> What you will do
Search string "missed": state how many lines in the material below contain it, and nothing else.

> Excerpted data

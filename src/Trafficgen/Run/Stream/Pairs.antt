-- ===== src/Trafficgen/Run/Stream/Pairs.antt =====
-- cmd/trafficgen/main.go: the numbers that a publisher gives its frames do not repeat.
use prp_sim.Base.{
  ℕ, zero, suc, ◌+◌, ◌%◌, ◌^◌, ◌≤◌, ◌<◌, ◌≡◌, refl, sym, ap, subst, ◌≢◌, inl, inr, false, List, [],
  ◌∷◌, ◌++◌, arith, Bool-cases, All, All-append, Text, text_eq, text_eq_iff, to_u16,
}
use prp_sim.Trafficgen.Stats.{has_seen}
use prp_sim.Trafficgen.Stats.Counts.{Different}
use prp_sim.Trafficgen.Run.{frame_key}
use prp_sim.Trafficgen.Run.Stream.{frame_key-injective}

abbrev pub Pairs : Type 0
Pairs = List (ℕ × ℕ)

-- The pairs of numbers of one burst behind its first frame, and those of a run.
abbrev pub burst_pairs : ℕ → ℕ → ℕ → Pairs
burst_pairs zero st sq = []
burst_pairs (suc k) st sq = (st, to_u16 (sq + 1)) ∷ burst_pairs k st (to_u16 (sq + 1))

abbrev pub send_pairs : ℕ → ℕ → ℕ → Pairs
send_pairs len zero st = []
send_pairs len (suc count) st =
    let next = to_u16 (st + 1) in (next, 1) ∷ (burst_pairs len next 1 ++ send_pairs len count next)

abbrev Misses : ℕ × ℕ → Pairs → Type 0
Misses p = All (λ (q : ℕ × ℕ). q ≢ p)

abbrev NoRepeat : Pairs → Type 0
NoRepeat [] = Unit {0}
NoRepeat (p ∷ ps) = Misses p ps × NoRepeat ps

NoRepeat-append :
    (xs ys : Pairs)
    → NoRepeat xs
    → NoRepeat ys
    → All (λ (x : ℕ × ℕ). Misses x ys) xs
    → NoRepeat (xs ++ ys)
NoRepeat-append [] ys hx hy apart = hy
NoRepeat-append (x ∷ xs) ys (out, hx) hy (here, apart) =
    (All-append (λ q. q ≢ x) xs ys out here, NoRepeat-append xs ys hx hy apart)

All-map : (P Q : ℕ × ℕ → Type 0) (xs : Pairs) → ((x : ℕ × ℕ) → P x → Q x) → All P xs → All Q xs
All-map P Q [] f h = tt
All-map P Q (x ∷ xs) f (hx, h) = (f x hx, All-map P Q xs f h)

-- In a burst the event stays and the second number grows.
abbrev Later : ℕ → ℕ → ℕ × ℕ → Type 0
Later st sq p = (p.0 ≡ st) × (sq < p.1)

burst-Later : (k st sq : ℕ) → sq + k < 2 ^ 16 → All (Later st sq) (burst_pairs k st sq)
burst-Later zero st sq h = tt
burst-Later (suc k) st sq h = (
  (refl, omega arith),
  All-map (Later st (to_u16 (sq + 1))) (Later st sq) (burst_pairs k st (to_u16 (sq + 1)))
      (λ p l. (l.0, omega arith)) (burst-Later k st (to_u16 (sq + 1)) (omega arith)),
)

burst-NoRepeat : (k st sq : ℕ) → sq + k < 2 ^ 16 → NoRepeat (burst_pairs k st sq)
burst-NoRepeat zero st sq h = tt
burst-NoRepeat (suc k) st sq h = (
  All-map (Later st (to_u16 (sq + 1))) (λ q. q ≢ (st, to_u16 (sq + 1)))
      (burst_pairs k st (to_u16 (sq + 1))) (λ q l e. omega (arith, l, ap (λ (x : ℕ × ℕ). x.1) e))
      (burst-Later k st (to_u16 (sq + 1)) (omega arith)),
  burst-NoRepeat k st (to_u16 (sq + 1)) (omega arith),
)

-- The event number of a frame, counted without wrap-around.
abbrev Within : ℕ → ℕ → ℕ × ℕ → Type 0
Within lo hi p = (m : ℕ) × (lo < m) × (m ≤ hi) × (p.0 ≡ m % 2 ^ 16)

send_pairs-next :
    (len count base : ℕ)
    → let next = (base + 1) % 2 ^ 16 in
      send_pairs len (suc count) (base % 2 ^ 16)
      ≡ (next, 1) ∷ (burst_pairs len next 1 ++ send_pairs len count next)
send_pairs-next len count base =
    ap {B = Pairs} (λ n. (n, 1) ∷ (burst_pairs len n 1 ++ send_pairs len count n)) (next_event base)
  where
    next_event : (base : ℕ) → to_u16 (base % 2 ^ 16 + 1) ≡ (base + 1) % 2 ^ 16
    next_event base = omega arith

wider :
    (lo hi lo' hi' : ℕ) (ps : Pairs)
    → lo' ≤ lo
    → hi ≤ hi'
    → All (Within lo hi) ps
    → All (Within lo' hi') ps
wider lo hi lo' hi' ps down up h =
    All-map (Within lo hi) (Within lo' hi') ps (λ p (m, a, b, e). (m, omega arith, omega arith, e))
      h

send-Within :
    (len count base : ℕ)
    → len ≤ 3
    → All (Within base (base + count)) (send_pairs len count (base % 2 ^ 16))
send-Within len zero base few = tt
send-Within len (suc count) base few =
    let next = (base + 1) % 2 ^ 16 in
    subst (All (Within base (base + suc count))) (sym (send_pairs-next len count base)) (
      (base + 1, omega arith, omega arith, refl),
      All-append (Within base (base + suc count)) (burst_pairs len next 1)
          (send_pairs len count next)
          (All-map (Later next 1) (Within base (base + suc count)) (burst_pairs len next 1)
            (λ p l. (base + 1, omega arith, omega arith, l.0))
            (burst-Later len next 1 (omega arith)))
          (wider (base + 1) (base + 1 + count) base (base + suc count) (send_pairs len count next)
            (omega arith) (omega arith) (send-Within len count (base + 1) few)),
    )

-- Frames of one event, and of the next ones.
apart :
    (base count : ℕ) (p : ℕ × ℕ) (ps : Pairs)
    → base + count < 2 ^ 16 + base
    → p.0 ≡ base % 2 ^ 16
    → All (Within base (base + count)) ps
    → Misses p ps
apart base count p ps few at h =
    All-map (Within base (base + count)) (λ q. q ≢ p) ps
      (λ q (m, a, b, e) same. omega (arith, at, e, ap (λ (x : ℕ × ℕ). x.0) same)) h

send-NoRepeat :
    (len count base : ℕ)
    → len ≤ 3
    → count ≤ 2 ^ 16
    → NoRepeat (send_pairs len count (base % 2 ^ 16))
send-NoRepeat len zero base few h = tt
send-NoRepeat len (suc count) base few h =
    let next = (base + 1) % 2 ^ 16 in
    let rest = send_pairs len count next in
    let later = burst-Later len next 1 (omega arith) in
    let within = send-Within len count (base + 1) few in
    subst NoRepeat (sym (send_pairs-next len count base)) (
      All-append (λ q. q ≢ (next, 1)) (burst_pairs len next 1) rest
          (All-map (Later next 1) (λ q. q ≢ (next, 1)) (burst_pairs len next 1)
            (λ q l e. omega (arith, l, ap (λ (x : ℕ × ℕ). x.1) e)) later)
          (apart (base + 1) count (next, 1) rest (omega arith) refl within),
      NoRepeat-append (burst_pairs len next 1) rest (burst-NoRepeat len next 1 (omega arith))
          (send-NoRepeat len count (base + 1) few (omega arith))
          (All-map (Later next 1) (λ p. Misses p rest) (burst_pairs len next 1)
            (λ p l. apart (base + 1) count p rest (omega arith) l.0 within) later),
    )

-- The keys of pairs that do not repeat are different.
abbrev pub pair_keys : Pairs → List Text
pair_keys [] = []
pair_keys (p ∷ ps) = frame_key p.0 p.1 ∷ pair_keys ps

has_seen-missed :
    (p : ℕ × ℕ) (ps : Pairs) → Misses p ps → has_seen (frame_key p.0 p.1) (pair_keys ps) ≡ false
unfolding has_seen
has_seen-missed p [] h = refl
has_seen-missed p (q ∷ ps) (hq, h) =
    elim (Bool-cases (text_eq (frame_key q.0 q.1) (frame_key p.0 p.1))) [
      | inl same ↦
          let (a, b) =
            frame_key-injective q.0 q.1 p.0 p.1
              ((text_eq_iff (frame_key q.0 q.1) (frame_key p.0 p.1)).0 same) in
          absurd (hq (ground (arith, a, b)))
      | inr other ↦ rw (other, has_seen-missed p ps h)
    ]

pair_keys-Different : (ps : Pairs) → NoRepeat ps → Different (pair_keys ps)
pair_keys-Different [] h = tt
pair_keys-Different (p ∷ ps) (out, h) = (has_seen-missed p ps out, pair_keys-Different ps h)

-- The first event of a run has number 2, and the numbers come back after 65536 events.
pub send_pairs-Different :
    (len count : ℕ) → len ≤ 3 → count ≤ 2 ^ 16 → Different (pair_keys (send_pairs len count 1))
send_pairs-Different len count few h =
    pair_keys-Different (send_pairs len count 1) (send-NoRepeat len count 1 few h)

> Solution for this problem
5